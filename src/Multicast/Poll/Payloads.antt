-- ===== src/Multicast/Poll/Payloads.antt =====
-- `poll` of src/network/MulticastReceiver.h hands over what the UDP packets of the ring carry.
use marketdatabook.Common.{
  ℕ, suc, ◌+◌, ◌*◌, ◌-◌, ◌%◌, ◌^◌, ◌≤◌, ◌<◌, ◌≡◌, ◌≢◌, refl, sym, ap, ap₂, ◌∙◌, arith,
}
use marketdatabook.Common.{List, [], ◌∷◌, length, drop, get_elem?, Option, none, some, ltb, false}
use marketdatabook.Common.{drop-append, update_ne, update_self}
use native.Mathlib.Decide.{dec_lt}
use marketdatabook.Common.{take, take-append, append-nil, length-drop}
use marketdatabook.Common.Bytes.{Bytes, from_be}
use marketdatabook.Common.Memory.{load, load-add, length-load}
use marketdatabook.Multicast.Ring.{
  FrameHeader, Ring, kernel, user, with_status, rx_frame_size, rx_frame_nr,
}
use marketdatabook.Multicast.Ring.Held.{slot, slot-ne}
use marketdatabook.Multicast.Poll.{Polling, packet_payload, poll_round, poll_rounds}

-- What a UDP packet in IPv4 carries: as many bytes as the length in the UDP header says, which
-- counts that header of 8 bytes, behind an Ethernet header of 14, the IP header, whose length is in
-- its first byte, and the UDP header.
abbrev udp_payload_at : Bytes → ℕ → Bytes
udp_payload_at packet at = take (from_be (take 2 (drop (at + 4) packet)) - 8) (drop (at + 8) packet)

abbrev behind_headers : Bytes → Option ℕ → Bytes
behind_headers packet none = []
behind_headers packet (some v) = udp_payload_at packet (14 + 4 * (v % 16))

abbrev pub udp_payload : Bytes → Bytes
udp_payload packet = behind_headers packet (get_elem? packet 14)

-- It has these headers whole, no options in the IP header, and no padding: the length in the UDP
-- header is what is left of the packet there.
pub record IsPlain (packet : Bytes) : Type 0 where
  pub version_length : ℕ
  pub length_field : get_elem? packet 14 ≡ some version_length
  pub no_options : version_length % 16 ≡ 5
  pub headers : 42 ≤ length packet
  pub no_padding : from_be (take 2 (drop 38 packet)) ≡ length packet - 34

-- A packet as the kernel leaves it in a frame: whole at `tp_mac`, with `tp_net` behind its Ethernet
-- header.
pub record IsDelivered (r : Ring) (idx : ℕ) (packet : Bytes) : Type 0 where
  pub status : (r.headers idx).tp_status ≡ user
  pub snaplen : (r.headers idx).tp_snaplen ≡ length packet
  pub net : (r.headers idx).tp_net ≡ (r.headers idx).tp_mac + 14
  pub bytes : load r.bytes (idx * rx_frame_size + (r.headers idx).tp_mac) (length packet) ≡ packet

drop-load :
    (r : Ring) (at n m : ℕ) → n ≤ m → load r.bytes (at + n) (m - n) ≡ drop n (load r.bytes at m)
drop-load r at n m h = sym (
    ap (drop n) (ap (load r.bytes at) (omega arith) ∙ load-add r.bytes at n (m - n))
    ∙ drop-append (load r.bytes at n) (load r.bytes (at + n) (m - n)) (length-load r.bytes at n))

take-all : (xs : Bytes) → take (length xs) xs ≡ xs
take-all xs = ap (take (length xs)) (sym (append-nil xs)) ∙ take-append xs [] refl

plain_payload :
    (packet : Bytes) (o : Option ℕ) {v : ℕ}
    → o ≡ some v
    → v % 16 ≡ 5
    → from_be (take 2 (drop 38 packet)) ≡ length packet - 34
    → drop 42 packet ≡ behind_headers packet o
plain_payload packet o {v} e five whole =
    let count : length packet - 34 - 8 ≡ length (drop 42 packet) =
      omega (arith, length-drop 42 packet) in
    rw (e, five, whole, count) (sym (take-all (drop 42 packet)))

packet_payload_lem :
    (r : Ring) (idx : ℕ) (packet : Bytes)
    → IsPlain packet
    → IsDelivered r idx packet
    → packet_payload r idx ≡ some (udp_payload packet)
unfolding packet_payload
packet_payload_lem r idx packet p d =
    let mac = idx * rx_frame_size + (r.headers idx).tp_mac in
    let long : ltb (r.headers idx).tp_snaplen (14 + 20 + 8) ≡ false =
      ground (arith, d.snaplen, p.headers) in
    let start : idx * rx_frame_size + (r.headers idx).tp_net + 20 + 8 ≡ mac + 42 =
      omega (arith, d.net) in
    let count : (r.headers idx).tp_snaplen - 14 - 20 - 8 ≡ length packet - 42 =
      omega (arith, d.snaplen) in
    rw (long) (
      ap some (
        ap₂ (load r.bytes) start count
        ∙ drop-load r mac 42 (length packet) p.headers
        ∙ ap (drop 42) d.bytes
        ∙ plain_payload packet (get_elem? packet 14) p.length_field p.no_options p.no_padding))

-- From the frame `j` places behind the first on, the frames hold these packets.
abbrev pub AreDelivered : Ring → ℕ → ℕ → List Bytes → Type 0
AreDelivered r first j [] = Unit
AreDelivered r first j (p ∷ ps) = IsDelivered r (slot first j) p × AreDelivered r first (suc j) ps

abbrev pub ArePlain : List Bytes → Type 0
ArePlain [] = Unit
ArePlain (p ∷ ps) = IsPlain p × ArePlain ps

-- Giving a frame back leaves those behind it.
AreDelivered-with_status :
    (r : Ring) (first i j : ℕ) (ps : List Bytes)
    → i < j
    → j + length ps ≤ rx_frame_nr
    → AreDelivered r first j ps
    → AreDelivered (with_status r (slot first i) kernel) first j ps
AreDelivered-with_status r first i j [] before room h = tt
AreDelivered-with_status r first i j (p ∷ ps) before room (d, h) =
    let apart : slot first i ≢ slot first j =
      slot-ne first i j (omega arith) (omega arith) (omega arith) in
    let same = update_ne r.headers (slot first i) (slot first j) _ apart in
    (
      record {
        status = ap (λ (f : FrameHeader). f.tp_status) same ∙ d.status;
        snaplen = ap (λ (f : FrameHeader). f.tp_snaplen) same ∙ d.snaplen;
        net =
            ap (λ (f : FrameHeader). f.tp_net) same
            ∙ d.net
            ∙ ap (λ (f : FrameHeader). f.tp_mac + 14) (sym same);
        bytes =
            ap
              (λ (f : FrameHeader).
                load r.bytes (slot first j * rx_frame_size + f.tp_mac) (length p))
              same
            ∙ d.bytes;
      },
      AreDelivered-with_status r first i (suc j) ps (omega arith) (omega arith) h,
    )

-- What the parser gets: for each packet its payload.
abbrev pub payloads : List Bytes → List (Option Bytes)
payloads [] = []
payloads (p ∷ ps) = some (udp_payload p) ∷ payloads ps

-- After `n` rounds from the frame `j` places behind the first on, these frames are the kernel's,
-- the others as they were, and the next one is behind them.
pub record IsReturned (s s' : Polling) (first j n : ℕ) : Type 0 where
  pub next : s'.curr_frame_idx ≡ slot first (j + n)
  pub counted : s'.total_packets % 2 ^ 64 ≡ (s.total_packets + n) % 2 ^ 64
  pub given_back : (i : ℕ) → j ≤ i → i < j + n → (s'.ring.headers (slot first i)).tp_status ≡ kernel
  pub others :
      (other : ℕ)
      → ((i : ℕ) → j ≤ i → i < j + n → other ≢ slot first i)
      → s'.ring.headers other ≡ s.ring.headers other

round_total : (s : Polling) → (poll_round s).1.total_packets ≡ (s.total_packets + 1) % 2 ^ 64
unfolding poll_round
round_total s = refl

round_status :
    (s : Polling) (idx : ℕ)
    → s.curr_frame_idx ≡ idx
    → ((poll_round s).1.ring.headers idx).tp_status ≡ kernel
unfolding poll_round
round_status s idx e =
    ap (λ i. ((poll_round s).1.ring.headers i).tp_status) (sym e)
    ∙ ap (λ (f : FrameHeader). f.tp_status) (update_self s.ring.headers s.curr_frame_idx _)

round_others :
    (s : Polling) (other : ℕ)
    → other ≢ s.curr_frame_idx
    → (poll_round s).1.ring.headers other ≡ s.ring.headers other
unfolding poll_round
round_others s other ne = update_ne s.ring.headers s.curr_frame_idx other _ (λ e. ne (sym e))

poll_rounds-step :
    (n : ℕ) (s : Polling) (payload : Option Bytes) (rest : List (Option Bytes)) (s' : Polling)
    → (s.ring.headers s.curr_frame_idx).tp_status ≡ user
    → packet_payload s.ring s.curr_frame_idx ≡ payload
    → poll_rounds n (poll_round s).1 ≡ some (rest, s')
    → poll_rounds (suc n) s ≡ some (payload ∷ rest, s')
unfolding poll_rounds poll_round
poll_rounds-step n s payload rest s' status same run = rw (poll_rounds, status, run, same) refl

poll_rounds-from :
    (first j : ℕ) (ps : List Bytes) (s : Polling)
    → s.curr_frame_idx ≡ slot first j
    → j + length ps ≤ rx_frame_nr
    → ArePlain ps
    → AreDelivered s.ring first j ps
    → (s' : Polling) × (poll_rounds (length ps) s ≡ some (payloads ps, s'))
      × IsReturned s s' first j (length ps)
unfolding poll_rounds
poll_rounds-from first j [] s at room plain there = (
  s,
  refl,
  record {
    next = omega (arith, at);
    counted = omega arith;
    given_back = λ i lo hi. absurd (omega arith);
    others = λ other apart. refl;
  },
)
poll_rounds-from first j (p ∷ ps) s at room (q, plain) (d, there) =
    let s1 = (poll_round s).1 in
    let delivered : IsDelivered s.ring s.curr_frame_idx p = rw (at) d in
    let kept : AreDelivered s1.ring first (suc j) ps =
      unfold poll_round in
      rw (at)
        (AreDelivered-with_status s.ring first j (suc j) ps (omega arith) (omega arith) there) in
    let moved : s1.curr_frame_idx ≡ slot first (suc j) = unfold poll_round in omega (arith, at) in
    let (s', run, v) = poll_rounds-from first (suc j) ps s1 moved (omega arith) plain kept in
    let untouched : s'.ring.headers (slot first j) ≡ s1.ring.headers (slot first j) =
      v.others (slot first j)
        (λ i lo hi. slot-ne first j i (omega arith) (omega arith) (omega arith)) in
    (
      s',
      poll_rounds-step (length ps) s _ (payloads ps) s' delivered.status
          (packet_payload_lem s.ring s.curr_frame_idx p q delivered) run,
      record {
        next = omega (arith, v.next);
        counted = omega (arith, v.counted, round_total s);
        given_back = λ i lo hi. elim (dec_lt j i) [
          | yes later ↦ v.given_back i (omega arith) (omega arith)
          | no here ↦
              let same : i ≡ j = omega arith in
              rw (same)
                (ap (λ (f : FrameHeader). f.tp_status) untouched ∙ round_status s (slot first j) at)
        ];
        others = λ other apart.
            v.others other (λ i lo hi. apart i (omega arith) (omega arith))
            ∙ round_others s other (rw (at) (apart j (omega arith) (omega arith)));
      },
    )

-- Where the frames from the current one on hold packets that the kernel has delivered, at most as
-- many as the ring has frames, UDP in IPv4 without options or padding and with whole headers, as
-- many rounds as there are packets give the parser the payload of each, of the length in its UDP
-- header, in order; they give these frames back, leave the others, and stand behind them.
pub poll_rounds-payloads :
    (ps : List Bytes) (s : Polling)
    → s.curr_frame_idx < rx_frame_nr
    → length ps ≤ rx_frame_nr
    → ArePlain ps
    → AreDelivered s.ring s.curr_frame_idx 0 ps
    → (s' : Polling) × (poll_rounds (length ps) s ≡ some (payloads ps, s'))
      × IsReturned s s' s.curr_frame_idx 0 (length ps)
poll_rounds-payloads ps s inside few plain there =
    poll_rounds-from s.curr_frame_idx 0 ps s (omega arith) (omega arith) plain there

> _Required work_
All lines in the listing above between the line with "behind_headers packet none = []" and the line with "pub headers : 42 ≤ length packet", inclusive, should be set down exactly, and no line outside that range.

> _Result of this task_
behind_headers packet none = []
behind_headers packet (some v) = udp_payload_at packet (14 + 4 * (v % 16))

abbrev pub udp_payload : Bytes → Bytes
udp_payload packet = behind_headers packet (get_elem? packet 14)

-- It has these headers whole, no options in the IP header, and no padding: the length in the UDP
-- header is what is left of the packet there.
pub record IsPlain (packet : Bytes) : Type 0 where
  pub version_length : ℕ
  pub length_field : get_elem? packet 14 ≡ some version_length
  pub no_options : version_length % 16 ≡ 5
  pub headers : 42 ≤ length packet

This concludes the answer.